I had the one frog one tank rule when i was younger.


----------



## geckguy (Mar 8, 2004)

When I was a little younger I had pretty much every herp possible, my closet was full, the rest of my room was full, I barely had room for a bed. I little while ago I tried to have her let me sleep in my closet so I had the whole room for frogs, but I converted my shed into a frog room over the summer so I have alot more room in my room now, but it is quickly filling up with tadpoles and fruiflies. By the end of next year I will probably have to get another shed built because of all the new frogs I have gotten, plus the ones I am on waiting lists for.


----------



## Derek Benson (Feb 19, 2004)

Damn, I want a shed built. Have the room, but I'd have to pay for it. Plus don't feel comfortable with my frogs outside.


----------



## TonyT (Feb 16, 2004)

Geckguy,
What all do you have? Are they just darts or do you raise other herps as well? Sounds like quite a nice collection. I have thought about one of those nice Home Depot wooden storage buildings for the collection with insulated walls and an ac/heating unit in it. That would be a nice set up. 

TonyT


----------



## EverettC (Mar 9, 2004)

Hehe I love herps. Something about them makes them more fun than a dog or cat as a pet, even fish. I have a turtle that I found in a bucket by a lake when we lived in Cali and he was about the size of a quarter. I still have it 6 or so years later and intend on showing my kids it . My mom is awesome cause as long as it stays in my room I can get it. She even likes some snakes! I wanna expand my dart collection before I get a Panther Chameleon tho  I just need to get regular hours at the stupid Sammamish Club...grrrr...


----------



## geckguy (Mar 8, 2004)

I have mostly darts, but I got a ball python, and some leopard geckos.


----------



## KeroKero (Jun 13, 2004)

*How many critters in a room?*

Oh god, my mom has some stores about some of my critters (did you know hatchling Med. pictus geckos can climb walls as well as day geckos?). My dad was always into it (he was the one that went herping with me and to herp shows before I could drive) so it was my mom setting the rules. No snakes, and after a while I wasn't allowed to bring home any more salamanders. Then she set a tank limit when she realized I was sneaking stuff in... which meant if I wanted more herps, I had to get rid of my fish tanks :? By high school I was breeding Mad. pictus and Leopard Geckos like crazy, and just starting to get into the whole rainforest deal (I also got my mom to cave in on the snake thing and kept some hognose snakes). In the begining of college after a bout of coccidia in the lab killing most of my 25+ leos and breeding group of U. milli (including two hypos, can you tell I'm still bitter about it?) I went completely into PDFs and atelopus, and have been very happy staying there since. Due to living in the dorm I really haven't been able to expand my collection much, and had to sell most of them to pay for my backpacking trip in CR that I just returned from, so I'm starting basically from scratch again.

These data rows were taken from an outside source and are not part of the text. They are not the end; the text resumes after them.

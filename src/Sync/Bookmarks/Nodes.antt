-- ===== src/Sync/Bookmarks/Nodes.antt =====
-- What is read of the nodes of a document after a change of its tree, given what Loro documents of it.
use bushido.Prelude.{
  or-left, or-right, ◌≡◌, refl, ◌∙◌, subst, ap, Bool, true, false, List, [], ◌∷◌, ◌++◌, Bytes,
  codes, ◌||◌, if◌then◌else◌, none, some, Result, ok, err, inl, inr, Bool-cases, ◌↔◌, ◌⊎◌,
}
use bushido.Prelude.Table.{list_beq}
use bushido.Prelude.Io.{◌>>=◌, >>=-ok}
use bushido.Sync.Contents.{LoroMaps}
use bushido.Sync.Contents.Maps.{Renews}
use bushido.Sync.Bookmarks.{
  LoroTree, MetaValue, Meta, Fields, Bookmark, BookmarkFolder, BookmarkData, meta_in, fill,
  add_node, set_fields, read_node, read_found, read_nodes, read_bookmarks, text_or_empty,
  get_map_str, folder_of, bookmark_of,
}

module _ {F : Type 0} where
  abbrev pub with_field : Bytes → MetaValue F → Meta F → Meta F
  with_field k v meta j = if list_beq k j then some v else meta j

  abbrev pub with_fields : Fields F → Meta F → Meta F
  with_fields [] meta = meta
  with_fields ((k, v) ∷ fields) meta = with_fields fields (with_field k v meta)

  abbrev pub empty_meta : Meta F
  empty_meta j = none

  abbrev pub set_in : Bytes → MetaValue F → Result (Meta F) → Result (Meta F)
  set_in k v (ok meta) = ok (with_field k v meta)
  set_in k v (err e) = err e

module _ (loro : LoroMaps) (tree : LoroTree loro) where
  open tree use {F64, TreeId, same, children, get_meta, create, delete_node, insert_meta}

  abbrev pub has_node : TreeId → List TreeId → Bool
  has_node n [] = false
  has_node n (m ∷ ms) = same n m || has_node n ms

  abbrev pub without : TreeId → List TreeId → List TreeId
  without n [] = []
  without n (m ∷ ms) = let rest = without n ms in if same n m then rest else m ∷ rest

  -- A new node stands behind the others, with an empty map; a value that is set is in the map of its
  -- node; a deletion takes its node from the tree and leaves the maps of the others; and a document
  -- that imports a snapshot has its tree.
  pub record TreeLaws : Type 0 where
    pub same_iff : (n m : TreeId) → (same n m ≡ true) ↔ (n ≡ m)
    pub get_meta-child :
        (n : TreeId) (d : loro.Doc)
        → has_node n (children d) ≡ true
        → (meta : Meta F64) × (get_meta n d ≡ ok meta)
    pub create-new :
        (d : loro.Doc)
        → (n : TreeId) × (d' : loro.Doc) × (create d ≡ (ok n, d'))
          × (has_node n (children d) ≡ false)
          × (children d' ≡ children d ++ (n ∷ []))
          × ((m : TreeId) → get_meta m d' ≡ (if same n m then ok empty_meta else get_meta m d))
    pub children-insert :
        (n : TreeId) (k : Bytes) (v : MetaValue F64) (d : loro.Doc)
        → children (insert_meta n k v d) ≡ children d
    pub get_meta-insert :
        (n m : TreeId) (k : Bytes) (v : MetaValue F64) (d : loro.Doc)
        → get_meta m (insert_meta n k v d)
          ≡ (if same n m then set_in k v (get_meta m d) else get_meta m d)
    pub children-delete :
        (n : TreeId) (d : loro.Doc) → children (delete_node n d).1 ≡ without n (children d)
    pub get_meta-delete :
        (n m : TreeId) (d : loro.Doc)
        → (same n m ≡ true) ⊎ (get_meta m (delete_node n d).1 ≡ get_meta m d)
    pub children-renewed : Renews loro children
    pub get_meta-renewed : (n : TreeId) → Renews loro (get_meta n)

  abbrev pub join : BookmarkData F64 → BookmarkData F64 → BookmarkData F64
  join a b = record { bookmarks = a.bookmarks ++ b.bookmarks; folders = a.folders ++ b.folders }

  abbrev both : Result (BookmarkData F64) → Result (BookmarkData F64) → Result (BookmarkData F64)
  both (ok a) (ok b) = ok (join a b)
  both (ok a) (err e) = err e
  both (err e) r = err e

  pick-join :
      (f g : Bool) (x : BookmarkFolder F64) (y : Bookmark F64) (a b : BookmarkData F64)
      → (if f
          then record (join a b) { folders = x ∷ (join a b).folders }
          else (if g then record (join a b) { bookmarks = y ∷ (join a b).bookmarks } else join a b))
        ≡ join
            (if f
              then record a { folders = x ∷ a.folders }
              else (if g then record a { bookmarks = y ∷ a.bookmarks } else a))
            b
  pick-join true g x y a b = refl
  pick-join false true x y a b = refl
  pick-join false false x y a b = refl

  pub read_node-join :
      (meta : Meta F64) (a b : BookmarkData F64)
      → read_node loro tree meta (join a b) ≡ join (read_node loro tree meta a) b
  read_node-join meta a b =
      pick-join (list_beq (text_or_empty (get_map_str meta (codes "type"))) (codes "folder"))
        (list_beq (text_or_empty (get_map_str meta (codes "type"))) (codes "bookmark"))
        (folder_of loro tree meta) (bookmark_of loro tree meta) a b

  both-empty :
      (r : Result (BookmarkData F64)) → r ≡ both (ok (record { bookmarks = []; folders = [] })) r
  both-empty (ok b) = refl
  both-empty (err e) = refl

  read_found-both :
      (r : Result (Meta F64)) (x y : Result (BookmarkData F64))
      → read_found loro tree r (both x y) ≡ both (read_found loro tree r x) y
  read_found-both (ok meta) (ok a) (ok b) = ap ok (read_node-join meta a b)
  read_found-both (ok meta) (ok a) (err e) = refl
  read_found-both (ok meta) (err e) y = refl
  read_found-both (err e) x y = refl

  read_nodes-append :
      (ns ms : List TreeId) (d : loro.Doc)
      → read_nodes loro tree (ns ++ ms) d
        ≡ both (read_nodes loro tree ns d) (read_nodes loro tree ms d)
  read_nodes-append [] ms d = both-empty (read_nodes loro tree ms d)
  read_nodes-append (n ∷ ns) ms d =
      rw (read_nodes-append ns ms d)
        (read_found-both (get_meta n d) (read_nodes loro tree ns d) (read_nodes loro tree ms d))

  pub read_nodes-same :
      (ns : List TreeId) (d d' : loro.Doc)
      → ((m : TreeId) → get_meta m d' ≡ get_meta m d)
      → read_nodes loro tree ns d' ≡ read_nodes loro tree ns d
  read_nodes-same [] d d' h = refl
  read_nodes-same (n ∷ ns) d d' h = rw (h n) (rw (read_nodes-same ns d d' h) refl)

  -- Nodes other than one that has changed.
  read_nodes-other :
      (n : TreeId) (x : TreeId → Result (Meta F64)) (ns : List TreeId) (d d' : loro.Doc)
      → ((m : TreeId) → get_meta m d' ≡ (if same n m then x m else get_meta m d))
      → has_node n ns ≡ false
      → read_nodes loro tree ns d' ≡ read_nodes loro tree ns d
  read_nodes-other n x [] d d' h away = refl
  read_nodes-other n x (m ∷ ns) d d' h away = rw (h m) (
      rw (or-left (same n m) (has_node n ns) away) (
        ap (read_found loro tree (get_meta m d))
          (read_nodes-other n x ns d d' h (or-right (same n m) (has_node n ns) away))))

  module _ (laws : TreeLaws) where
    if-own : {A : Type 0} (n : TreeId) (x y : A) → (if same n n then x else y) ≡ x
    if-own n x y = rw ((laws.same_iff n n).1 refl) refl

    -- The document after an `add_node`.
    abbrev IsAdded : Fields F64 → loro.Doc → Result (Unit {0}) × loro.Doc → Type 0
    IsAdded fields d r =
        (n : TreeId) × (d' : loro.Doc) × (r ≡ (ok tt, d'))
        × (has_node n (children d) ≡ false)
        × (children d' ≡ children d ++ (n ∷ []))
        × ((m : TreeId)
            → get_meta m d'
              ≡ (if same n m then ok (with_fields fields empty_meta) else get_meta m d))

    children-set_fields :
        (n : TreeId) (fields : Fields F64) (d : loro.Doc)
        → children (set_fields loro tree n fields d) ≡ children d
    children-set_fields n [] d = refl
    children-set_fields n ((k, v) ∷ fields) d =
        children-set_fields n fields (insert_meta n k v d) ∙ laws.children-insert n k v d

    get_meta-set_fields :
        (n m : TreeId) (fields : Fields F64) (meta : Meta F64) (d : loro.Doc)
        → get_meta n d ≡ ok meta
        → get_meta m (set_fields loro tree n fields d)
          ≡ (if same n m then ok (with_fields fields meta) else get_meta m d)
    get_meta-set_fields n m [] meta d h = elim (Bool-cases (same n m)) [
      | inl own ↦ rw own (subst (λ x. get_meta x d ≡ ok meta) ((laws.same_iff n m).0 own) h)
      | inr foreign ↦ rw foreign refl
    ]
    get_meta-set_fields n m ((k, v) ∷ fields) meta d h =
        get_meta-set_fields n m fields (with_field k v meta) (insert_meta n k v d)
          (laws.get_meta-insert n n k v d ∙ rw ((laws.same_iff n n).1 refl) (ap (set_in k v) h))
        ∙ elim (Bool-cases (same n m)) [
          | inl own ↦ rw own refl
          | inr foreign ↦ rw foreign (laws.get_meta-insert n m k v d ∙ rw foreign refl)
        ]

    add_node-IsAdded :
        (fields : Fields F64) (d : loro.Doc) → IsAdded fields d (add_node loro tree fields d)
    add_node-IsAdded fields d = go (laws.create-new d)
      where
        go :
            ((n : TreeId) × (d' : loro.Doc) × (create d ≡ (ok n, d'))
              × (has_node n (children d) ≡ false)
              × (children d' ≡ children d ++ (n ∷ []))
              × ((m : TreeId) → get_meta m d' ≡ (if same n m then ok empty_meta else get_meta m d)))
            → IsAdded fields d (add_node loro tree fields d)
        go (n, d', made, new, behind, metas) = (
          n,
          set_fields loro tree n fields d',
          >>=-ok create (λ node. meta_in loro tree node >>= λ meta. fill loro tree node fields) d
                made
              ∙ >>=-ok (meta_in loro tree n) (λ meta. fill loro tree n fields) d'
                  (ap (λ r. (r, d')) (metas n ∙ if-own n (ok empty_meta) (get_meta n d))),
          new,
          children-set_fields n fields d' ∙ behind,
          λ m.
              (get_meta-set_fields n m fields empty_meta d'
                  (metas n ∙ rw ((laws.same_iff n n).1 refl) refl)
                ∙ elim (Bool-cases (same n m)) [
                  | inl own ↦ rw own refl
                  | inr foreign ↦ rw foreign (metas m ∙ rw foreign refl)
                ]),
        )

    -- What is read after a node has been added: as before, and the node behind it.
    pub add_node-read :
        (fields : Fields F64) (d : loro.Doc) (a : BookmarkData F64)
        → read_bookmarks loro tree d ≡ ok a
        → ((add_node loro tree fields d).0 ≡ ok tt)
          × (read_bookmarks loro tree (add_node loro tree fields d).1
              ≡ ok (
                  join a (
                    read_node loro tree
                      (with_fields fields empty_meta)
                      (record { bookmarks = []; folders = [] }))))
    add_node-read fields d a h = go (add_node-IsAdded fields d)
      where
        none_read : BookmarkData F64
        none_read = record { bookmarks = []; folders = [] }

        go :
            IsAdded fields d (add_node loro tree fields d)
            → ((add_node loro tree fields d).0 ≡ ok tt)
              × (read_bookmarks loro tree (add_node loro tree fields d).1
                  ≡ ok (join a (read_node loro tree (with_fields fields empty_meta) none_read)))
        go (n, d', added, new, behind, metas) = (
          ap (λ r. r.0) added,
          ap (λ r. read_bookmarks loro tree r.1) added
              ∙ (ap (λ ns. read_nodes loro tree ns d') behind
                  ∙ (read_nodes-append (children d) (n ∷ []) d'
                      ∙ (ap (λ r. both r (read_nodes loro tree (n ∷ []) d'))
                            (read_nodes-other n (λ m. ok (with_fields fields empty_meta))
                                (children d) d d' metas new
                              ∙ h)
                          ∙ ap (λ r. both (ok a) (read_found loro tree r (ok none_read)))
                              (metas n
                                ∙ if-own n (ok (with_fields fields empty_meta)) (get_meta n d))))),
        )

You know your a herper if you can fit an insanely large number of tanks into a small space.


----------



## Lucidblue (Jul 23, 2004)

When I was 4 years old I watched something on the Discovery channel about snakes and asked my mom how old people are when they get snakes as pets. My mom, thinking that I'd forget about the idea, said 8 years old. Sure enough, when my 8th birthday came around I asked for a snake. My mom couldn't refuse because of what she said 4 years earlier. My parents bought me what they thought was an albino cornsnake, but we later found out that snake was an albino corn x green rat hybrid. Wish I had a picture, she was solid pink. Well anyway, a year later I got a male albino cornsnake, then a bearded dragon, then a few years after that I bought a veiled chameleon (I'm not counting all the frogs and lizards I brouht home from around the house). Now I just have 2 azureus froglets. My parents always get a kick out of telling that story, so I figured I'd share it.


----------



## Guest (Aug 27, 2004)

kerokero, how many tanks do you keep in your dorm room? i'm going to bring darts to school for the first time this semester, 1 20 gallon tank and i'm not sure i'm even sure i'm gonna find room for just that.


----------



## KeroKero (Jun 13, 2004)

*Frogs in dorms...*

I don't really recomend bring critters with you into dorms for a couple reasons. First off, its almost always against the rules, I don't know a college that doesn't have a dorm rule that limits pets to fish in a 10 gallon or under sized tank (here its a 5 gallon tank with no electrical stuff like lights or filter). In most cases frogs in the dorm is just flat out against the rules, I don't think you could get away with a 20 gal.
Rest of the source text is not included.